I think it's the same in all small towns, Wisco--regardless of what part of the country you live in. I know it's the same in the South. We used to have a "Smoker and Shine Palor" downtown (which was also a bookie joint). But it went the way of the rest of downtown and disappeared. You're right--most guys these days have never polished a pair of shoes in their lives. I started out polishing my Dad's shoes when I was a kid (I've told the story) because he was blind. I kept it up all these years with my own. I'd love the luxury of having someone else do it. I did employ my 12 year old grandson to polish a bunch of mine (hoping to instill the practice in him). I don't think it worked. A dying art.


----------



## TheGreatTwizz (Oct 27, 2010)

The Rambler said:


> well, Fidelity had (has?) about 5 chairs, guys waiting around for their turn in them, and a cast of incredible shoeshiners, Snake, Jimmy, Tex, others, who know everything there is to know about shoes, including that yours might not be quite the best, spend 10 to 15 mins per client, keep up a hilarious non-stop patter among themselves all the while, and when, after applying a variety of potions and waxes, brushing so vigorously it was like a foot massage, wielding the rag with disdain for showy popping, they tapped the bottom of one shoe lightly to indicate you were done, you had to try to resist lavishing praise, uncooly, on them. That, I cannot find in the suburbs.:biggrin2::drunken_smilie:


Oh wow, how wonderful that must have been!!! So no, you absolutely can't find that in the burbs!! We should find ourselves a few like minded individuals and open one. I think a shoe shine stand/strip club/cheesesteak joint would rake in the bucks!


----------



## Sartre (Mar 25, 2008)

Wisco said:


> ...Cedar wood will continue to absorb moisture long after the smell has gone down. The "Cedar smell" is the equivalent of the "new car smell"; Your car runs just the same long after the smell is gone.


Whether or not this is true, I will choose to believe it. If I ever catch myself sanding my shoe trees it's time to head for nearest open window.


----------



## WouldaShoulda (Aug 5, 2009)

Great Philly shine stories!! I remember some stands at the train station decages past when I commuted there to the old Philadelphia National Bank building (They also had a nice advertising jingle)

Now most of the stands are empty at the barber or racetrack. They even used to have a barber at the racetrack!!

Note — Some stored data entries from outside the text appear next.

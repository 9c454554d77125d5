-- ===== src/Api/Refresh.antt =====
-- Which queries a mutation makes the query library ask for again.
use datacenter_manager.Prelude.{
  String, Bool, true, false, Option, List, [], ◌∷◌, ◌++◌, ◌≡◌, inl, inr, ◌||◌, refl, sym, ap, ◌∙◌,
  str_eq, any, if◌then◌else◌, Bool-cases, eq_iff, eq_refl, not, ◌&&◌, subst,
}
use datacenter_manager.DeviceEditor.Body.{Body}
use datacenter_manager.Api.{Params, KeyPart, name, Request, Query, Mutation}
use datacenter_manager.Api.Hooks.{
  IsList, IsItem, IsPart, IsQuery, IsCreate, IsUpdate, IsRemove, IsMutation, list, item, part,
  creates, updates, removes,
}

-- What the code relies on of `invalidateQueries`: a key that begins with the given one matches, and a
-- key does not that has another name at some place.
pub record Matching : Type 0 where
  pub matches : List KeyPart → List KeyPart → Bool
  pub extends : (p k : List KeyPart) → matches p (p ++ k) ≡ true
  pub differs :
      (c : List KeyPart) (s t : String) (p k : List KeyPart)
      → str_eq s t ≡ false
      → matches (c ++ name s ∷ p) (c ++ name t ∷ k) ≡ false

abbrev pub refreshes : Matching → Mutation → Query → Bool
refreshes m f q = any (λ p. m.matches p q.key) f.invalidates

abbrev virtual_key : String → String
virtual_key s =
    if str_eq s "clusters"
    then "virt-clusters"
    else if str_eq s "hosts"
    then "virt-hosts"
    else if str_eq s "vms"
    then "virt-vms"
    else s

-- The name of the resource that a path begins with, which the keys of its queries are to begin with.
abbrev pub resource : List String → String
resource [] = ""
resource (s ∷ []) = if str_eq s "audit" then "audit-logs" else s
resource (s ∷ t ∷ path) = if str_eq s "virt" then virtual_key t else s

abbrev pub resource_of : Request → String
resource_of r = resource r.path

-- A key that begins with the name of the resource.
abbrev Named : Query → Type 0
Named q = (k : List KeyPart) × (q.key ≡ name (resource_of q.request) ∷ k)

list-Named : {f : Option Params → Query} → IsList f → (p : Option Params) → Named (f p)
list-Named IsList.rooms p = (_, refl)
list-Named IsList.corridors p = (_, refl)
list-Named IsList.racks p = (_, refl)
list-Named IsList.devices p = (_, refl)
list-Named IsList.interfaces p = (_, refl)
list-Named IsList.links p = (_, refl)
list-Named IsList.lag_groups p = (_, refl)
list-Named IsList.vlans p = (_, refl)
list-Named IsList.ip_networks p = (_, refl)
list-Named IsList.ip_addresses p = (_, refl)
list-Named IsList.san_fabrics p = (_, refl)
list-Named IsList.virt_clusters p = (_, refl)
list-Named IsList.virt_hosts p = (_, refl)
list-Named IsList.vms p = (_, refl)
list-Named IsList.datastores p = (_, refl)
list-Named IsList.licenses p = (_, refl)
list-Named IsList.integrations p = (_, refl)
list-Named IsList.users p = (_, refl)
list-Named IsList.alerts p = (_, refl)
list-Named IsList.audit_logs p = (_, refl)

item-Named : {f : String → Query} → IsItem f → (id : String) → Named (f id)
item-Named IsItem.data_center id = (_, refl)
item-Named IsItem.room id = (_, refl)
item-Named IsItem.corridor id = (_, refl)
item-Named IsItem.rack id = (_, refl)
item-Named IsItem.device id = (_, refl)
item-Named IsItem.interface id = (_, refl)
item-Named IsItem.vlan id = (_, refl)
item-Named IsItem.ip_network id = (_, refl)
item-Named IsItem.ip_address id = (_, refl)
item-Named IsItem.san_fabric id = (_, refl)
item-Named IsItem.virt_cluster id = (_, refl)
item-Named IsItem.virt_host id = (_, refl)
item-Named IsItem.vm id = (_, refl)
item-Named IsItem.license id = (_, refl)
item-Named IsItem.integration id = (_, refl)
item-Named IsItem.user id = (_, refl)

part-Named : {q : Query} → IsPart q → Named q
part-Named (IsPart.data_centers page size) = (_, refl)
part-Named (IsPart.room_corridors room_id) = (_, refl)
part-Named (IsPart.corridor_racks corridor_id) = (_, refl)
part-Named (IsPart.rack_devices id) = (_, refl)
part-Named (IsPart.rack_power_summary id) = (_, refl)
part-Named IsPart.device_types = (_, refl)
part-Named (IsPart.device_power_readings id) = (_, refl)
part-Named (IsPart.chassis_blades chassis_id) = (_, refl)
part-Named (IsPart.available_ips subnet_id) = (_, refl)
part-Named (IsPart.expiring_licenses days) = (_, refl)
part-Named (IsPart.integration_sync_logs id) = (_, refl)
part-Named IsPart.alert_summary = (_, refl)
part-Named IsPart.dashboard_summary = (_, refl)
part-Named IsPart.dashboard_alerts = (_, refl)
part-Named IsPart.dashboard_capacity = (_, refl)
part-Named (IsPart.search trim q) = (_, refl)
part-Named IsPart.datacenters = (_, refl)
part-Named (IsPart.blades_of_chassis chassis_id) = (_, refl)

query-Named : {q : Query} → IsQuery q → Named q
query-Named (list f p) = list-Named f p
query-Named (item f id) = item-Named f id
query-Named (part h) = part-Named h

-- The names that the keys of the topology and of the tree view begin with.
abbrev pub view_names : List String
view_names =
    "topology" ∷ "tree-rooms" ∷ "tree-racks" ∷ "tree-devices-rack" ∷ "tree-ifaces" ∷ "tree-vhost"
    ∷ "tree-vms" ∷ "tree-blades" ∷ []

abbrev pub begins_otherwise : String → List KeyPart → Bool
begins_otherwise x (name s ∷ p) = not (str_eq s x)
begins_otherwise x p = false

abbrev pub all : {A : Type 0} → (A → Bool) → List A → Bool
all p [] = true
all p (x ∷ xs) = p x && all p xs

abbrev pub is_apart : List (List KeyPart) → Bool
is_apart ks = all (λ x. all (begins_otherwise x) ks) view_names

abbrev pub Whole : Mutation → Type 0
Whole m =
    (m.invalidates ≡ (name (resource_of m.request) ∷ []) ∷ []) × (is_apart m.invalidates ≡ true)

create-Whole : {f : Body → Mutation} → IsCreate f → (body : Body) → Whole (f body)
create-Whole IsCreate.create_data_center body = (refl, refl)
create-Whole IsCreate.create_room body = (refl, refl)
create-Whole IsCreate.create_corridor body = (refl, refl)
create-Whole IsCreate.create_rack body = (refl, refl)
create-Whole IsCreate.create_device_type body = (refl, refl)
create-Whole IsCreate.create_device body = (refl, refl)
create-Whole IsCreate.create_interface body = (refl, refl)
create-Whole IsCreate.create_link body = (refl, refl)
create-Whole IsCreate.create_lag_group body = (refl, refl)
create-Whole IsCreate.create_vlan body = (refl, refl)
create-Whole IsCreate.create_ip_network body = (refl, refl)
create-Whole IsCreate.create_ip_address body = (refl, refl)
create-Whole IsCreate.create_san_fabric body = (refl, refl)
create-Whole IsCreate.create_virt_cluster body = (refl, refl)
create-Whole IsCreate.create_virt_host body = (refl, refl)
create-Whole IsCreate.create_vm body = (refl, refl)
create-Whole IsCreate.create_datastore body = (refl, refl)
create-Whole IsCreate.create_license body = (refl, refl)
create-Whole IsCreate.create_integration body = (refl, refl)
create-Whole IsCreate.create_user body = (refl, refl)

update-Whole :
    {f : String → Body → Mutation} → IsUpdate f → (id : String) (body : Body) → Whole (f id body)
update-Whole IsUpdate.update_data_center id body = (refl, refl)
update-Whole IsUpdate.update_room id body = (refl, refl)
update-Whole IsUpdate.update_corridor id body = (refl, refl)
update-Whole IsUpdate.update_rack id body = (refl, refl)
update-Whole IsUpdate.update_device_type id body = (refl, refl)
update-Whole IsUpdate.update_device id body = (refl, refl)
update-Whole IsUpdate.update_interface id body = (refl, refl)
update-Whole IsUpdate.update_link id body = (refl, refl)
update-Whole IsUpdate.update_vlan id body = (refl, refl)
update-Whole IsUpdate.update_ip_network id body = (refl, refl)
update-Whole IsUpdate.update_ip_address id body = (refl, refl)
update-Whole IsUpdate.update_san_fabric id body = (refl, refl)
update-Whole IsUpdate.update_virt_cluster id body = (refl, refl)
update-Whole IsUpdate.update_virt_host id body = (refl, refl)
update-Whole IsUpdate.update_vm id body = (refl, refl)
update-Whole IsUpdate.update_license id body = (refl, refl)
update-Whole IsUpdate.update_integration id body = (refl, refl)
update-Whole IsUpdate.update_user id body = (refl, refl)

remove-Whole : {f : String → Mutation} → IsRemove f → (id : String) → Whole (f id)
remove-Whole IsRemove.delete_data_center id = (refl, refl)
remove-Whole IsRemove.delete_room id = (refl, refl)
remove-Whole IsRemove.delete_corridor id = (refl, refl)
remove-Whole IsRemove.delete_rack id = (refl, refl)
remove-Whole IsRemove.delete_device_type id = (refl, refl)
remove-Whole IsRemove.delete_device id = (refl, refl)
remove-Whole IsRemove.delete_interface id = (refl, refl)
remove-Whole IsRemove.delete_link id = (refl, refl)
remove-Whole IsRemove.delete_lag_group id = (refl, refl)
remove-Whole IsRemove.delete_vlan id = (refl, refl)
remove-Whole IsRemove.delete_ip_network id = (refl, refl)
remove-Whole IsRemove.delete_ip_address id = (refl, refl)
remove-Whole IsRemove.delete_san_fabric id = (refl, refl)
remove-Whole IsRemove.delete_virt_cluster id = (refl, refl)
remove-Whole IsRemove.delete_virt_host id = (refl, refl)
remove-Whole IsRemove.delete_vm id = (refl, refl)
remove-Whole IsRemove.delete_datastore id = (refl, refl)
remove-Whole IsRemove.delete_license id = (refl, refl)
remove-Whole IsRemove.delete_integration id = (refl, refl)
remove-Whole IsRemove.acknowledge_alert id = (refl, refl)

pub mutation-Whole : {m : Mutation} → IsMutation m → Whole m
mutation-Whole (creates f body) = create-Whole f body
mutation-Whole (updates f id body) = update-Whole f id body
mutation-Whole (removes f id) = remove-Whole f id

or_false : (b : Bool) → (b || false) ≡ b
or_false true = refl
or_false false = refl

module _ (library : Matching) where
  matches_name :
      (s t : String) (k : List KeyPart) → library.matches (name s ∷ []) (name t ∷ k) ≡ str_eq s t
  matches_name s t k = elim (Bool-cases (str_eq s t)) [
    | inl same ↦
        subst (λ (x : String). library.matches (name s ∷ []) (name x ∷ k) ≡ str_eq s x)
          ((eq_iff s t).0 same) (library.extends (name s ∷ []) k ∙ sym (eq_refl s))
    | inr other ↦ library.differs [] s t [] k other ∙ sym other
  ]

  -- A hook that creates, updates or deletes a whole item, or acknowledges an alert, has a list, an item
  -- or another query under the key of a resource asked for again exactly if both are about the same
  -- resource. Not among these are the queries under keys of the topology's or the tree view's own, and
  -- the hooks that save an extension table, trigger a sync or reset a password.
  pub refreshes-resource :
      (m : Mutation) (q : Query)
      → IsMutation m
      → IsQuery q
      → refreshes library m q ≡ str_eq (resource_of m.request) (resource_of q.request)
  refreshes-resource m q h g =
      let (k, e) = query-Named g in
      let r = resource_of m.request in
      ap (any (λ p. library.matches p q.key)) (mutation-Whole h).0
      ∙ or_false (library.matches (name r ∷ []) q.key)
      ∙ ap (library.matches (name r ∷ [])) e
      ∙ matches_name r (resource_of q.request) k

The last time I had a pro-shine was when I stayed at the Hotel duPont visiting relatives over the last holiday season. You hang your shoes outside your door in a bag at night, and they are delivered the following day with your paper.

Nice touch!!


----------



## Bandit44 (Oct 1, 2010)

I sand my shoe trees about once every 4-6 months, or when I remember. After sanding, I hit the wood with a burst of compressed air to keep the residue at a minimum. Doesn't bring back the strong cedar smell of new trees, but I can tell a difference.


----------



## Thom Browne's Schooldays (Jul 29, 2007)

During the Parthenon restoration, workers separating column segments discovered that the Athenians had used mated pieces of cedar to align the columns.

After 2400 years the cedar had retained it's strong smell, thanks in part to the precision with which the columns fit together.



If you sand your shoe trees the cedar smell will return.

Whether this helps the shoe, or eliminates odors is another matter.

All your shoe trees are probably juniper and not cedar anyways.


----------



## dorji (Feb 18, 2010)

Thom Browne's Schooldays said:


> All your shoe trees are probably juniper and not cedar anyways.


Indeed. I have commented on this before: nearly all wood (at least in the realm of shoe trees, clothes hangers) is Juniper.


----------



## dorji (Feb 18, 2010)

TheGreatTwizz said:


> I think a shoe shine stand/strip club/cheesesteak joint would rake in the bucks!


GT- I think this is a good idea!


----------



## 32rollandrock (May 1, 2008)

I shudder to think what might drip on my shell.



dorji said:


> GT- I think this is a good idea!


----------



## TheGreatTwizz (Oct 27, 2010)

32rollandrock said:


> I shudder to think what might drip on my shell.


My initial response to this is outside the realm of good taste (pun intended)....we would, of course, have a shoe check, along with a proper hat rack.


----------



## wpking (Jul 13, 2010)

I have sanded my trees. Great results.

Use a power (orbital) sander to make it a quick project.


----------



## andy b. (Mar 18, 2010)

TheGreatTwizz said:


> We should find ourselves a few like minded individuals and open one. I think a shoe shine stand/strip club/cheesesteak joint would rake in the bucks!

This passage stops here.